_Directions for this task_: Repeat exactly, and only, the lines from the line containing "sh_cursor_off s = if" through the last line of the records below, including both.

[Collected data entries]
..........

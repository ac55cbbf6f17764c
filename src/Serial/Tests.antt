-- ===== src/Serial/Tests.antt =====
-- Printed numbers at concrete values.
use samos.Base.{◌≡◌, refl}
use samos.Serial.{
  codes, serial_putchar, serial_puts, hex_digit, hex_digits, serial_puthex, dec_digits,
  serial_putdec,
}

prints :
    (serial_putdec 1024 ≡ codes "1024")
    × (serial_putdec 0 ≡ codes "0")
    × (serial_puthex 0x19000000 ≡ codes "0x0000000019000000")
    × (serial_puts (codes "OK\n") ≡ codes "OK\r\n")
unfolding serial_putdec dec_digits serial_puthex hex_digits hex_digit serial_puts serial_putchar
prints = (refl, refl, refl, refl)
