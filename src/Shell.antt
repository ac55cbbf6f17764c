-- ===== src/Shell.antt =====
-- kernel/shell.h: the kernel shell, its console and its command line. The text screen is a memory
-- of 16-bit cells, the framebuffer a memory of pixels (kernel/fb.h). Text is the list of the bytes
-- before its NUL: `cmd` with `cmd_len` is one such list, and `hist` with `hist_count` a list of
-- them.
mod Cells
pub mod Console
pub mod Words
pub mod Eval
pub mod Keys
pub mod Setup
mod Tests
use samos.Base.{
  ℕ, zero, suc, ◌+◌, ◌-◌, ◌*◌, Bool, true, false, ltb, leb, ◌==◌, if◌then◌else◌, List, [], ◌∷◌,
  ◌++◌, get_or, Memory, store8, bit_and, bit_or, u16, ◌>>>◌,
}
use samos.Serial.{codes, hex_digit}
use samos.Fb.{SamFb, Vram, fill_line, glyph_of, dot, fb_fill_rect, dec_text}

-- SH_COLS, SH_ROWS and the attributes
abbrev pub sh_cols : ℕ
sh_cols = 80

abbrev pub sh_rows : ℕ
sh_rows = 25

abbrev pub sh_white : ℕ
sh_white = 0x0F00

abbrev pub sh_green : ℕ
sh_green = 0x0A00

abbrev pub sh_cyan : ℕ
sh_cyan = 0x0B00

abbrev pub sh_yellow : ℕ
sh_yellow = 0x0E00

abbrev pub sh_red : ℕ
sh_red = 0x0C00

abbrev pub sh_grey : ℕ
sh_grey = 0x0700

-- SH_CMD_MAX and SH_HIST_MAX
abbrev pub sh_cmd_max : ℕ
sh_cmd_max = 79

abbrev pub sh_hist_max : ℕ
sh_hist_max = 8

-- `sh->row`, `sh->col`, the cells at SH_VGA_BASE and the pixels.
pub record Screen : Type 0 where
  pub row : ℕ
  pub col : ℕ
  pub vga : Memory
  pub vram : Vram

-- `pal`
abbrev palette : List ℕ
palette =
    0x00000000 ∷ 0x000000AA ∷ 0x0000AA00 ∷ 0x0000AAAA ∷ 0x00AA0000 ∷ 0x00AA00AA ∷ 0x00AA5500
    ∷ 0x00AAAAAA ∷ 0x00555555 ∷ 0x005555FF ∷ 0x0055FF55 ∷ 0x0055FFFF ∷ 0x00FF5555 ∷ 0x00FF55FF
    ∷ 0x00FFFF55 ∷ 0x00FFFFFF ∷ []

pub sh_vga_to_rgb : ℕ → ℕ
sh_vga_to_rgb attr = get_or palette (bit_and (bit_and (attr >>> 8) 0x0F) 0x0F) 0

-- for (x = x; left > 0; x++) dst[x] = src[x];
pub copy_line : Memory → ℕ → ℕ → ℕ → ℕ → Memory
copy_line v dst src x zero = v
copy_line v dst src x (suc left) = copy_line (store8 v (dst + x) (v (src + x))) dst src (x + 1) left

-- Row `y + down` of `width` cells moves to row `y`, for `left` rows.
pub move_rows : Memory → ℕ → ℕ → ℕ → ℕ → ℕ → Memory
move_rows v stride down width y zero = v
move_rows v stride down width y (suc left) =
    move_rows (copy_line v (y * stride) ((y + down) * stride) 0 width) stride down width (y + 1)
      left

-- `width` cells of `left` rows from row `y` on get the value `c`.
pub clear_rows : Memory → ℕ → ℕ → ℕ → ℕ → ℕ → Memory
clear_rows v stride width c y zero = v
clear_rows v stride width c y (suc left) =
    clear_rows (fill_line v (y * stride) c 0 width) stride width c (y + 1) left

-- SH_GREY | ' '
abbrev pub blank : ℕ
blank = bit_or sh_grey b' '

module _ (fb : SamFb) where
  -- One row of a glyph and the whole of it, at the pixel `line`.
  pub sh_glyph_row : Vram → ℕ → ℕ → ℕ → ℕ → ℕ → Vram
  sh_glyph_row v line fg bits col zero = v
  sh_glyph_row v line fg bits col (suc left) =
      sh_glyph_row (store8 v (line + col) (dot fb fg 0x00000000 bits col)) line fg bits (col + 1)
        left

  pub sh_glyph_rows : Vram → ℕ → ℕ → ℕ → ℕ → List ℕ → ℕ → ℕ → Vram
  sh_glyph_rows v pitch px py fg glyph row zero = v
  sh_glyph_rows v pitch px py fg glyph row (suc left) =
      sh_glyph_rows (sh_glyph_row v ((py + row) * pitch + px) fg (get_or glyph row 0) 0 8) pitch px
        py fg glyph (row + 1) left

  pub sh_fb_scroll : Vram → Vram
  sh_fb_scroll v =
      clear_rows (move_rows v fb.pitch_px 16 (sh_cols * 8) 0 (sh_rows * 16 - 16)) fb.pitch_px
        (sh_cols * 8) 0x00000000 (sh_rows * 16 - 16) 16

  -- The scroll of the text screen in `sh_putchar`.
  pub vga_scroll : Memory → Memory
  vga_scroll v =
      clear_rows (move_rows v sh_cols 1 sh_cols 0 (sh_rows - 1)) sh_cols sh_cols blank (sh_rows - 1)
        1

  -- What both functions do for '\n'.
  pub new_line : Screen → Screen
  new_line s =
      if leb sh_rows (s.row + 1)
      then record s {
        row = sh_rows - 1;
        col = 0;
        vga = if fb.ready then s.vga else vga_scroll s.vga;
        vram = if fb.ready then sh_fb_scroll s.vram else s.vram;
      }
      else record s { row = s.row + 1; col = 0 }

  -- The cursor behind a character.
  pub step_col : Screen → Screen
  step_col s = if leb sh_cols (s.col + 1) then new_line s else record s { col = s.col + 1 }

  pub sh_fb_putchar : Screen → ℕ → ℕ → Screen
  sh_fb_putchar s c attr =
      if c == b'\n'
      then new_line s
      else step_col (record s {
        vram =
            sh_glyph_rows s.vram fb.pitch_px (s.col * 8) (s.row * 16) (sh_vga_to_rgb attr)
              (glyph_of fb c) 0 16;
      })

  pub sh_putchar : Screen → ℕ → ℕ → Screen
  sh_putchar s c attr =
      if fb.ready
      then sh_fb_putchar s c attr
      else if c == b'\n'
      then new_line s
      else step_col (record s { vga = store8 s.vga (s.row * sh_cols + s.col) (bit_or attr c) })

  pub sh_puts : Screen → List ℕ → ℕ → Screen
  sh_puts s [] attr = s
  sh_puts s (c ∷ cs) attr = sh_puts (sh_putchar s c attr) cs attr

  -- The last `n` rounds of the loop over i = 60, 56, ..., 0.
  pub sh_hex_loop : ℕ → Screen → ℕ → ℕ → Screen
  sh_hex_loop zero s v attr = s
  sh_hex_loop (suc n) s v attr =
      sh_hex_loop n (sh_putchar s (hex_digit (bit_and (v >>> (4 * n)) 0xF)) attr) v attr

  pub sh_puthex : Screen → ℕ → ℕ → Screen
  sh_puthex s v attr = sh_hex_loop 16 (sh_puts s (codes "0x") attr) v attr

  pub sh_putdec : Screen → ℕ → ℕ → Screen
  sh_putdec s v attr = sh_puts s (dec_text v) attr

  pub sh_clear : Screen → Screen
  sh_clear s =
      if fb.ready
      then record s {
        row = 0;
        col = 0;
        vram = fb_fill_rect fb s.vram 0 0 (sh_cols * 8) (sh_rows * 16) 0x00000000;
      }
      else record s { row = 0; col = 0; vga = fill_line s.vga 0 blank 0 (sh_cols * sh_rows) }

  -- The cell at the cursor, with its character kept and the attribute `attr`.
  abbrev pub recolour : Screen → ℕ → Screen
  recolour s attr =
      let at = s.row * sh_cols + s.col in
      record s { vga = store8 s.vga at (u16 (bit_or (bit_and (s.vga at) 0x00FF) attr)) }

  pub sh_cursor_on : Screen → Screen
  sh_cursor_on s = if fb.ready then s else recolour s 0x7000

  pub sh_cursor_off : Screen → Screen
  sh_cursor_off s = if fb.ready then s else recolour s sh_grey

  -- The text screen is blanked to the end of the row, also while the framebuffer is shown.
  pub sh_redraw_cmd : Screen → List ℕ → Screen
  sh_redraw_cmd s cmd =
      sh_puts (record s { vga = fill_line s.vga (s.row * sh_cols) blank s.col (sh_cols - s.col) })
        cmd sh_white

  pub sh_prompt : Screen → Screen
  sh_prompt s = sh_puts (sh_puts s (codes "\nSAM") sh_green) (codes "> ") sh_cyan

..........

_Solution below_:
  sh_cursor_off s = if fb.ready then s else recolour s sh_grey

  -- The text screen is blanked to the end of the row, also while the framebuffer is shown.
  pub sh_redraw_cmd : Screen → List ℕ → Screen
  sh_redraw_cmd s cmd =
      sh_puts (record s { vga = fill_line s.vga (s.row * sh_cols) blank s.col (sh_cols - s.col) })
        cmd sh_white

  pub sh_prompt : Screen → Screen
  sh_prompt s = sh_puts (sh_puts s (codes "\nSAM") sh_green) (codes "> ") sh_cyan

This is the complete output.